__ACTION ITEM__.
Search each line of the data for the word "written"; copy every line where it is found.

__DATASET ENTRIES__.
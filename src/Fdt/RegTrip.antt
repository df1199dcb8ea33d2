-- ===== src/Fdt/RegTrip.antt =====
-- crates/k0-boot/src/fdt.rs and fdt/builder.rs: cells and `reg` properties, written and read back.
use k.Base.{
  length, ℕ, zero, suc, ◌+◌, ◌*◌, ◌/◌, ◌%◌, ◌^◌, ◌≤◌, ◌<◌, ◌≡◌, refl, sym, ap, ◌∙◌, arith, true,
  false, not, ◌&&◌, ◌||◌, ltb, ◌==◌, update, List, [], ◌∷◌, ◌++◌, Bool-cases, inl, inr, bit_or, All,
  length-append,
}
use k.Base.Words.{word_size}
use k.Base.Align.{bit_or_fields}
use k.Base.Bytes.{take, drop, take-append, drop-append, to_be}
use k.Fdt.{MemRegion, Outcome, ok, prefix}
use k.Fdt.Reg.{read_after, read_cells, Regions, reg_entry, reg_loop, one_or_two, parse_reg}
use k.Fdt.Builder.{cells, reg, expected}
use native.Mathlib.Nat.{mul-div_cancel, mul-mod_left, mul-pos}
use mathlib.Core.List.{append_assoc, append-nil}

-- One byte, while the top byte of the digits is free.
read_byte : (acc b : ℕ) → acc < 2 ^ 56 → b < 256 → bit_or (acc * 256 % word_size) b ≡ acc * 256 + b
read_byte acc b small byte = rw small_lem (bit_or_fields 8 acc b byte)
  where
    small_lem : acc * 256 % word_size ≡ acc * 256
    small_lem = omega arith

-- One word of 32 bits.
read_after-word :
    (acc w : ℕ) (rest : List ℕ)
    → acc < 2 ^ 32
    → w < 2 ^ 32
    → read_after acc (to_be 4 w ++ rest) ≡ read_after (acc * 2 ^ 32 + w) rest
unfolding read_after to_be
read_after-word acc w rest small word =
    rw
      (
        read_byte acc b0 (omega arith) (omega arith),
        read_byte (acc * 256 + b0) b1 (omega arith) (omega arith),
        read_byte ((acc * 256 + b0) * 256 + b1) b2 (omega arith) (omega arith),
        read_byte (((acc * 256 + b0) * 256 + b1) * 256 + b2) b3 (omega arith) (omega arith),
      )
      (ap (λ t. read_after t rest) (omega arith))
  where
    b0 : ℕ
    b0 = w / 256 ^ 3 % 256

    b1 : ℕ
    b1 = w / 256 ^ 2 % 256

    b2 : ℕ
    b2 = w / 256 ^ 1 % 256

    b3 : ℕ
    b3 = w / 256 ^ 0 % 256

read_nil : (acc : ℕ) → read_after acc [] ≡ acc
unfolding read_after
read_nil acc = refl

-- What a number of cells can hold.
abbrev pub FitsCells : (n x : ℕ) → Type 0
FitsCells n x = x < 2 ^ (32 * n)

read_cells-cells : (n x : ℕ) → one_or_two n ≡ true → FitsCells n x → read_cells (cells n x) ≡ x
unfolding cells
read_cells-cells zero x few fits = absurd (cc)
read_cells-cells (suc zero) x few fits =
    read_after-word 0 (x / 1 % 2 ^ 32) [] (omega arith) (omega arith) ∙ (read_nil _ ∙ omega arith)
read_cells-cells (suc (suc zero)) x few fits =
    read_after-word 0 (x / 2 ^ 32 % 2 ^ 32) (to_be 4 (x / 1 % 2 ^ 32) ++ []) (omega arith)
      (omega arith)
    ∙ (read_after-word (0 * 2 ^ 32 + x / 2 ^ 32 % 2 ^ 32) (x / 1 % 2 ^ 32) [] (omega arith)
          (omega arith)
        ∙ (read_nil _ ∙ omega arith))
read_cells-cells (suc (suc (suc n))) x few fits = absurd (ground arith)

length-cells : (n x : ℕ) → length (cells n x) ≡ n * 4
unfolding cells to_be
length-cells zero x = refl
length-cells (suc n) x = omega (arith, length-cells n x)

pub prefix-update :
    {A : Type 0} (f : ℕ → A) (n m : ℕ) (v : A) → m ≤ n → prefix (update f n v) m ≡ prefix f m
unfolding prefix
prefix-update f n zero v h = refl
prefix-update f n (suc m) v h = rw (prefix-update f n m v (omega arith), other) refl
  where
    other : (m == n) ≡ false
    other = ground arith

pub prefix-put :
    {A : Type 0} (f : ℕ → A) (n : ℕ) (v : A)
    → prefix (update f n v) (suc n) ≡ prefix f n ++ (v ∷ [])
unfolding prefix
prefix-put f n v = rw (prefix-update f n n v (omega arith), same) refl
  where
    same : (n == n) ≡ true
    same = ground arith

-- What has been put ends with what the entries stand for.
abbrev pub Filled : (rs : Regions) → (entries : List (ℕ × ℕ)) → Outcome Regions → Type 0
Filled rs es o =
    (rs' : Regions) × (o ≡ ok rs') × (prefix rs'.0 rs'.1 ≡ prefix rs.0 rs.1 ++ expected es)

module _ (addr_cells size_cells : ℕ) where
  abbrev chunk : (b s : ℕ) → List ℕ
  chunk b s = cells addr_cells b ++ cells size_cells s

  abbrev entry_size : ℕ
  entry_size = (addr_cells + size_cells) * 4

  length-chunk : (b s : ℕ) → length (chunk b s) ≡ entry_size
  length-chunk b s = omega (
    arith,
    length-append (cells addr_cells b) (cells size_cells s),
    length-cells addr_cells b,
    length-cells size_cells s,
  )

  take-chunk : (b s : ℕ) (rest : List ℕ) → take entry_size (chunk b s ++ rest) ≡ chunk b s
  take-chunk b s rest = rw (sym (length-chunk b s)) (take-append (chunk b s) rest)

  drop-chunk : (b s : ℕ) (rest : List ℕ) → drop entry_size (chunk b s ++ rest) ≡ rest
  drop-chunk b s rest = rw (sym (length-chunk b s)) (drop-append (chunk b s) rest)

  length-reg : (es : List (ℕ × ℕ)) → length (reg es addr_cells size_cells) ≡ length es * entry_size
  unfolding reg
  length-reg [] = omega arith
  length-reg ((b, s) ∷ es) =
      let here = length-append (chunk b s) (reg es addr_cells size_cells) in
      let size = length-chunk b s in let rest = length-reg es in grind arith

  -- The words of an entry, within its cells and within the address space.
  abbrev pub FitsEntry : ℕ × ℕ → Type 0
  FitsEntry (b, s) = FitsCells addr_cells b × FitsCells size_cells s × (b + s < word_size)

  module _ (few : (one_or_two addr_cells && one_or_two size_cells) ≡ true) (len : ℕ) where
    few_addr : one_or_two addr_cells ≡ true
    few_addr = ground arith

    few_size : one_or_two size_cells ≡ true
    few_size = ground arith

    read_base :
        (b s : ℕ) → FitsCells addr_cells b → read_cells (take (addr_cells * 4) (chunk b s)) ≡ b
    read_base b s fits =
        rw (sym (length-cells addr_cells b), take-append (cells addr_cells b) (cells size_cells s))
          (read_cells-cells addr_cells b few_addr fits)

    read_size :
        (b s : ℕ) → FitsCells size_cells s → read_cells (drop (addr_cells * 4) (chunk b s)) ≡ s
    read_size b s fits =
        rw (sym (length-cells addr_cells b), drop-append (cells addr_cells b) (cells size_cells s))
          (read_cells-cells size_cells s few_size fits)

    reg_entry-empty :
        (b s : ℕ) (rs : Regions)
        → FitsEntry (b, s)
        → (s == 0) ≡ true
        → reg_entry len (addr_cells * 4) (chunk b s) rs ≡ ok rs
    unfolding reg_entry
    reg_entry-empty b s (out, count) fits empty = rw (read_size b s fits.1, empty) refl

    reg_entry-full :
        (b s : ℕ) (out : ℕ → MemRegion) (count : ℕ)
        → FitsEntry (b, s)
        → (s == 0) ≡ false
        → count < len
        → reg_entry len (addr_cells * 4) (chunk b s) (out, count)
          ≡ ok (update out count (record { base = b; size = s }), suc count)
    unfolding reg_entry
    reg_entry-full b s out count fits full room =
        rw (read_size b s fits.1, read_base b s fits.0, full, in_range, not_full, room_left) refl
      where
        in_range : ltb (b + s) word_size ≡ true
        in_range = ground arith

        not_full : (count == len) ≡ false
        not_full = ground arith

        room_left : ltb count len ≡ true
        room_left = ground arith

    reg_loop-nil : (rs : Regions) → reg_loop len (addr_cells * 4) entry_size 0 [] rs ≡ ok rs
    unfolding reg_loop
    reg_loop-nil rs = refl

    reg_loop-step :
        (b s n : ℕ) (rest : List ℕ) (rs rs' : Regions)
        → reg_entry len (addr_cells * 4) (chunk b s) rs ≡ ok rs'
        → reg_loop len (addr_cells * 4) entry_size (suc n) (chunk b s ++ rest) rs
          ≡ reg_loop len (addr_cells * 4) entry_size n rest rs'
    unfolding reg_loop
    reg_loop-step b s n rest rs rs' e = rw (take-chunk b s rest, drop-chunk b s rest, e) refl

    reg_loop-reg :
        (es : List (ℕ × ℕ)) (out : ℕ → MemRegion) (count : ℕ)
        → All FitsEntry es
        → count + length (expected es) ≤ len
        → Filled
            (out, count)
            es
            (reg_loop len
              (addr_cells * 4)
              entry_size
              (length es)
              (reg es addr_cells size_cells)
              (out, count))
    unfolding reg expected
    reg_loop-reg [] out count fits room =
        ((out, count), reg_loop-nil (out, count), sym (append-nil _))
    reg_loop-reg ((b, s) ∷ es) out count (fit, fits) room = elim (Bool-cases (s == 0)) [
      | inl empty ↦
          let rest = reg_loop-reg es out count fits (ground arith) in
          rw
            (
              reg_loop-step b s (length es) (reg es addr_cells size_cells) (out, count) (out, count)
                  (reg_entry-empty b s (out, count) fit empty),
              empty,
            )
            rest
      | inr full ↦
          let r : MemRegion = record { base = b; size = s } in
          let (rs', e, p) = reg_loop-reg es (update out count r) (suc count) fits (ground arith) in
          rw
            (
              reg_loop-step b s (length es) (reg es addr_cells size_cells) (out, count)
                  (update out count r, suc count)
                  (reg_entry-full b s out count fit full (ground arith)),
              full,
            )
            (
              rs',
              e,
              p
                  ∙ (ap (λ t. t ++ expected es) (prefix-put out count r)
                      ∙ append_assoc (prefix out count) (r ∷ []) (expected es)),
            )
    ]

    -- A `reg` property that `reg` of the builder has written is read as it was meant: with one or two cells each, with entries that fit into
    -- their cells and into the address space, and with room for those of some size, parse_reg succeeds and
    -- appends those, in order, to what is there.
    pub parse_reg-reg :
        (es : List (ℕ × ℕ)) (out : ℕ → MemRegion) (count : ℕ)
        → 0 < length es
        → All FitsEntry es
        → count + length (expected es) ≤ len
        → Filled
            (out, count)
            es
            (parse_reg (reg es addr_cells size_cells) addr_cells size_cells len (out, count))
    unfolding parse_reg
    parse_reg-reg es out count some_entry fits room =
        rw (few_lem, length-reg es, not_empty, whole, rounds) (reg_loop-reg es out count fits room)
      where
        few_lem : (not (one_or_two addr_cells) || not (one_or_two size_cells)) ≡ false
        few_lem = ground arith

        some_size : 0 < entry_size
        some_size = ground arith

        product : 0 < length es * entry_size
        product = omega (arith, mul-pos some_entry some_size)

        not_empty : (length es * entry_size == 0) ≡ false
        not_empty = ground (arith, product)

        whole : (length es * entry_size % entry_size == 0) ≡ true
        whole = ground (arith, mul-mod_left (length es) entry_size)

        rounds : length es * entry_size / entry_size ≡ length es
        rounds = mul-div_cancel (length es) some_size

__THE ANSWER__.
-- crates/k0-boot/src/fdt.rs and fdt/builder.rs: cells and `reg` properties, written and read back.
    -- A `reg` property that `reg` of the builder has written is read as it was meant: with one or two cells each, with entries that fit into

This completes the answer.